Delivering perception along with reality

"If a tree falls in the forest and no one is around to hear it, does it make a sound?”

I can’t answer that question. This is marketing, not philosophy. But I can tell you this: a lumberjack is not going to get their fair share of the budget. Lowering your costs and improving your impact are important; so is making sure that your organization knows the benefits your program is driving.

Let people know

Have good reporting on the metrics that matter to your key stakeholders so you can drive, know, and show the impact of your marketing. Learn 20 key metrics to track the performance of your loyalty program.  

When talking about financials, be able to speak finance’s language

Communicating is good but not effective if you’re not speaking the same language.  

  • If you’re managing a loyalty program, watch your balance sheet as well as your P&L.  
  • Your relationship with finance is important, and they track the future costs of your points as well as what’s being booked today.  
  • Understand what your changes will mean for these future costs.  
  • Share the good news with finance; show them the benefits your spend is driving.  
  • Ask them to educate you if your costs and revenues don’t wind up on the same P&L, so that you can understand how finance looks at your business.
  • Once you’re speaking the same language, communicate with them. Yes, finance hates costs. But they hate surprises even more.

Build from what people are ready to hear  

If you’re evaluating your marketing on metrics that don’t align with your organization’s priorities, it’s harder to get buy-in and budget for what you want to deliver.  

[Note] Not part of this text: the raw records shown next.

-- ===== src/Chain/Attempts.antt =====
-- user-server/user_server/chain/retry.py: how often a transaction is tried, and what is returned.
use artic_trader.Prelude.{
  ℕ, zero, suc, ◌+◌, ◌-◌, ◌≤◌, ◌≡◌, ◌≢◌, refl, true, Option, none, some, [], ◌∷◌, length,
  length-append, arith, ltb, if_both, String, Bool-cases, inl, inr,
}
use artic_trader.Prelude.Exec.{Result, ok, err}
use artic_trader.Chain.Retry.{
  ReceiptStatus, Wait, in_time, timed_out, broken, SendError, RetryOutcome, Network, is_success,
  Tries, give_up, Next, return, again, raise, on_receipt, on_send, attempt, begin, follow, retry,
  with_gas_bump, patience,
}

-- Each attempt has its gas price.
record IsCounted (t : Tries) : Type 0 where
  counted : length t.gas_prices ≡ t.attempts

-- A hash comes with a receipt of success, and no hash with no receipt.
abbrev pub IsConfirmed : Option String → Option ReceiptStatus → Type 0
IsConfirmed none none = Unit {0}
IsConfirmed none (some r) = ⊥
IsConfirmed (some h) none = ⊥
IsConfirmed (some h) (some r) = is_success r ≡ true

pub record IsFair (max_attempts : ℕ) (o : RetryOutcome) : Type 0 where
  pub bounded : o.attempts ≤ max_attempts
  pub priced : length o.gas_prices ≡ o.attempts
  pub confirmed : IsConfirmed o.tx_hash o.receipt

abbrev pub Ends : ℕ → Result SendError RetryOutcome → Type 0
Ends max_attempts (ok o) = IsFair max_attempts o
Ends max_attempts (err e) = ⊥

-- What an attempt may come to, with `n` attempts made.
abbrev Goes : ℕ → Next → Type 0
Goes n (return o) = IsFair n o
Goes n (again t) = IsCounted t × (t.attempts ≡ n)
Goes n raise = ⊥

-- The wait for a receipt raises nothing but its time-out.
pub record IsWaiting {W : Type 0} (net : Network W) : Type 0 where
  pub waits : (h : String) (t : ℕ) (w : W) → (net.wait_receipt h t w).0 ≢ broken

module _ {W : Type 0} (net : Network W) (waiting : IsWaiting net) where
  on_receipt-Goes :
      (t : Tries) (tx_hash : String) (r : Wait)
      → r ≢ broken
      → IsCounted t
      → Goes t.attempts (on_receipt net t tx_hash r)
  on_receipt-Goes t tx_hash timed_out p c = (record { counted = c.counted }, refl)
  on_receipt-Goes t tx_hash broken p c = p refl
  on_receipt-Goes t tx_hash (in_time none) p c = (record { counted = c.counted }, refl)
  on_receipt-Goes t tx_hash (in_time (some r)) p c = elim (Bool-cases (is_success r)) [
    | inl e ↦ rw e (record { bounded = omega arith; priced = c.counted; confirmed = e })
    | inr e ↦ rw e (record { counted = c.counted }, refl)
  ]

  on_send-Goes :
      (budget start : ℕ) (t : Tries) (r : Option String × W)
      → IsCounted t
      → Goes t.attempts (on_send net budget start t r).0
  on_send-Goes budget start t (none, w) c = (record { counted = c.counted }, refl)
  on_send-Goes budget start t (some tx_hash, w) c =
      on_receipt-Goes t tx_hash (net.wait_receipt tx_hash (patience net budget start w) w).0
        (waiting.waits tx_hash (patience net budget start w) w) c

  give_up-IsFair : (n : ℕ) (t : Tries) → IsCounted t → t.attempts ≤ n → IsFair n (give_up t)
  unfolding give_up
  give_up-IsFair n t c h = record { bounded = h; priced = c.counted; confirmed = tt }

  follow-Ends :
      (n m : ℕ) (rest : Tries → W → Result SendError RetryOutcome × W) (x : Next × W)
      → m ≤ n
      → Goes m x.0
      → ((t : Tries) (w : W) → IsCounted t → t.attempts ≡ m → Ends n (rest t w).0)
      → Ends n (follow net rest x).0
  follow-Ends n m rest (return o, w) h g k = record {
    bounded = omega (arith, g.bounded, h);
    priced = g.priced;
    confirmed = g.confirmed;
  }
  follow-Ends n m rest (raise, w) h g k = absurd g
  follow-Ends n m rest (again t, w) h g k = k t w g.0 g.1

  retry-Ends :
      (n left budget start : ℕ) (t : Tries) (w : W)
      → IsCounted t
      → t.attempts + left ≤ n
      → Ends n (retry net left budget start t w).0
  unfolding retry attempt
  retry-Ends n zero budget start t w c h = give_up-IsFair n t c (omega (arith, h))
  retry-Ends n (suc left) budget start t w c h =
      if_both (λ (x : Result SendError RetryOutcome × W). Ends n x.0)
        (ltb (net.monotonic w - start) budget) _ (ok (give_up t), w)
        (follow-Ends n (t.attempts + 1) (λ t w. retry net left budget start t w)
          (attempt net budget start t w) (omega (arith, h))
          (on_send-Goes budget start (begin net t) (net.send t.gas w) (record {
            counted = omega (arith, length-append t.gas_prices (t.gas ∷ []), c.counted);
          }))
          (λ t' w' c' e. retry-Ends n left budget start t' w' c' (omega (arith, e, h))))
        (give_up-IsFair n t c (omega (arith, h)))

  -- If the wait for a receipt raises nothing but its time-out, a retried transaction returns, whether its
  -- sends raise or not: its outcome counts at most the allowed attempts, has a gas price for each, and
  -- names a transaction only with a receipt of success.
  pub with_gas_bump-Ends :
      (initial max_attempts budget : ℕ) (w : W)
      → Ends max_attempts (with_gas_bump net initial max_attempts budget w).0
  unfolding with_gas_bump
  with_gas_bump-Ends initial max_attempts budget w =
      retry-Ends max_attempts max_attempts budget (net.monotonic w)
        (record { gas = initial; attempts = 0; gas_prices = []; last_err = none }) w
        (record { counted = refl }) (omega arith)
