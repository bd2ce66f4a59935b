-- ===== src/Chain/Tests.antt =====
-- A run of user-server/user_server/chain/retry.py: the first receipt is a failure, the second is late,
-- the third is a success.
use artic_trader.Prelude.{
  ℕ, ◌+◌, ◌==◌, ◌≡◌, ◌≢◌, refl, Bool, true, false, none, some, [], ◌∷◌, if◌then◌else◌,
}
use artic_trader.Prelude.Exec.{ok}
use artic_trader.Chain.Retry.{
  Network, code, in_time, timed_out, broken, is_success, give_up, attempt, retry, with_gas_bump,
}
use artic_trader.Chain.Attempts.{Ends, IsWaiting, with_gas_bump-Ends}

abbrev network : Network ℕ
network = record {
  send = λ gas w. (some "0xab", w + 1);
  wait_receipt = λ h t w. (
    if w == 1
        then in_time (some (code 0))
        else if w == 3
        then timed_out
        else in_time (some (code 1)),
    w + 1,
  );
  monotonic = λ w. w;
  bumped = λ gas. gas + 20;
}

network-IsWaiting : IsWaiting network
network-IsWaiting = record { waits = λ h t w. never (w == 1) (w == 3) }
  where
    never :
        (a b : Bool)
        → (if a then in_time (some (code 0)) else if b then timed_out else in_time (some (code 1)))
          ≢ broken
    never true b e = cc
    never false true e = cc
    never false false e = cc

confirms :
    (with_gas_bump network 100 3 120000 0).0
    ≡ ok (record {
      attempts = 3;
      gas_prices = 100 ∷ 120 ∷ 140 ∷ [];
      tx_hash = some "0xab";
      receipt = some (code 1);
      last_error = none;
    })
unfolding with_gas_bump retry attempt give_up is_success
confirms = refl

with_gas_bump-Ends_example : Ends 3 (with_gas_bump network 100 3 120000 0).0
with_gas_bump-Ends_example = with_gas_bump-Ends network network-IsWaiting 100 3 120000 0
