-- ===== src/Limits.antt =====
-- user-server/user_server/llm/rate_limit.py: the token bucket before the LLM proxy.
pub mod Bucket
pub mod Rate
pub mod Counter
pub mod Counted
mod Tests
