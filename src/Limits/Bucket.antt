-- ===== src/Limits/Bucket.antt =====
-- The token bucket of user-server/user_server/llm/rate_limit.py, and the counts by agent. Each call of
-- `take` holds the lock, so calls run one after another; a call comes with its reading of the clock.
use artic_trader.Prelude.{ℕ, suc, Bool, true, false, List, [], ◌∷◌, if◌then◌else◌}
use artic_trader.Trading.Float.{FloatOps, py_min}

pub record TokenBucket (A : Type 0) : Type 0 where
  pub capacity : A
  pub refill_per_sec : A
  pub tokens : A
  pub last : A

abbrev pub one_more : Bool → ℕ → ℕ
one_more true n = suc n
one_more false n = n

module _ {A : Type 0} ⦃o : FloatOps A⦄ where
  -- TokenBucket(capacity, refill_per_sec) at a time
  unfoldable pub new_bucket : A → A → A → TokenBucket A
  new_bucket capacity refill_per_sec now = record {
    capacity = capacity;
    refill_per_sec = refill_per_sec;
    tokens = capacity;
    last = now;
  }

  abbrev pub refilled : A → TokenBucket A → TokenBucket A
  refilled now b = record b {
    tokens = py_min b.capacity (o.add b.tokens (o.mul (o.sub now b.last) b.refill_per_sec));
    last = now;
  }

  abbrev pub spend : A → TokenBucket A → Bool × TokenBucket A
  spend cost b =
      if o.le cost b.tokens then (true, record b { tokens = o.sub b.tokens cost }) else (false, b)

  unfoldable pub take : A → A → TokenBucket A → Bool × TokenBucket A
  take cost now b = spend cost (refilled now b)

  -- The calls at these readings of the clock: how many were granted, and the bucket after them.
  unfoldable pub takes : A → List A → TokenBucket A → ℕ × TokenBucket A
  takes cost [] b = (0, b)
  takes cost (now ∷ later) b =
      let (granted, b') = take cost now b in
      let (n, b_end) = takes cost later b' in (one_more granted n, b_end)
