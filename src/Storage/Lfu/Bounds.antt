-- ===== src/Storage/Lfu/Bounds.antt =====
-- The counter stays a byte, decays by the minutes that passed, and survives the packing.
use ferrum_kv.Prelude.{ℕ, ◌+◌, ◌-◌, ◌/◌, ◌%◌, ◌^◌, ◌≤◌, ◌<◌, ◌≡◌, arith, min}
use ferrum_kv.Floats.{Floats}
use ferrum_kv.Storage.Lfu.{
  pack_lfu, unpack_counter, unpack_minute, decayed_counter, probabilistic_increment,
}

-- Packing a byte counter and a 16-bit minute into a u32 loses neither.
unpack-pack_lfu :
    (counter minute : ℕ)
    → counter < 2 ^ 8
    → minute < 2 ^ 16
    → (unpack_counter (pack_lfu counter minute) ≡ counter)
      × (unpack_minute (pack_lfu counter minute) ≡ minute)
      × (pack_lfu counter minute < 2 ^ 32)
unfolding pack_lfu unpack_counter unpack_minute
unpack-pack_lfu counter minute hc hm = omega arith

-- With the minutes taken at `t` and at `t + d`, whatever the 16-bit wrap-around between them, the
-- counter falls by one for each full period, and not below zero. The counter is a byte, `d` below 2^16
-- and the period positive.
pub decayed_counter_lem :
    (counter t d period : ℕ)
    → counter < 2 ^ 8
    → d < 2 ^ 16
    → 0 < period
    → decayed_counter counter (t % 2 ^ 16) ((t + d) % 2 ^ 16) period
      ≡ counter - min 255 (d / period)
unfolding decayed_counter
decayed_counter_lem counter t d period hc hd hp = ground arith

-- An access raises a byte counter by at most one, and it stays a byte.
pub probabilistic_increment_bounds :
    (fl : Floats) (counter : ℕ) (r : fl.F32)
    → counter < 2 ^ 8
    → (counter ≤ probabilistic_increment fl counter r)
      × (probabilistic_increment fl counter r ≤ counter + 1)
      × (probabilistic_increment fl counter r < 2 ^ 8)
unfolding probabilistic_increment
probabilistic_increment_bounds fl counter r h = ground arith
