-- ===== src/Storage/Lfu/Tests.antt =====
-- The counter at concrete values.
use ferrum_kv.Prelude.{◌≡◌, ◌-◌, ◌/◌, ◌%◌, ◌^◌, ◌+◌, ◌≤◌, ◌<◌, min, arith}
use ferrum_kv.Floats.{exact}
use ferrum_kv.Storage.Lfu.{decayed_counter, probabilistic_increment}
use ferrum_kv.Storage.Lfu.Bounds.{decayed_counter_lem, probabilistic_increment_bounds}

-- Seven minutes, across the wrap-around of the stamp.
decayed_counter_example :
    decayed_counter 100 (65_530 % 2 ^ 16) ((65_530 + 7) % 2 ^ 16) 1 ≡ 100 - min 255 (7 / 1)
decayed_counter_example =
    decayed_counter_lem 100 65_530 7 1 (omega arith) (omega arith) (omega arith)

probabilistic_increment_example :
    (255 ≤ probabilistic_increment exact 255 0)
    × (probabilistic_increment exact 255 0 ≤ 255 + 1)
    × (probabilistic_increment exact 255 0 < 2 ^ 8)
probabilistic_increment_example = probabilistic_increment_bounds exact 255 0 (omega arith)
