-- ===== src/Storage/Policy/Tests.antt =====
-- A policy from its name.
use ferrum_kv.Prelude.{◌≡◌, refl, some, codes, bytes_eq}
use ferrum_kv.Storage.Policy.{from_name, volatile_ttl}

read : from_name (codes "volatile-ttl") ≡ some volatile_ttl
unfolding from_name bytes_eq
read = refl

  • Alignment matters. Efficient programs can struggle if the opportunities, market, or customer they were built for are no longer the right target. Learn more about when it’s the right time to reinvent your loyalty program.
  • Delivery needs alignment too. If your marketing makes promises that operations struggle to deliver, you’ll underperform. Fighting this with richer offers can make your customers discount-dependent with no natural reason to return.

Happy swimming

At the risk of drowning the metaphor, there’s an ebb and flow between brands focusing on driving growth and managing costs. Understanding the value your marketing delivers and what it costs to make that happen, let you see where you are in the water. Knowing how to be efficient – getting the most benefit for each dollar of cost – lets you swim in the right direction. The right tech can give you flippers. And being aligned with your internal partners and their goals will help you keep your head above water - even as others are losing their shorts. Happy swimming.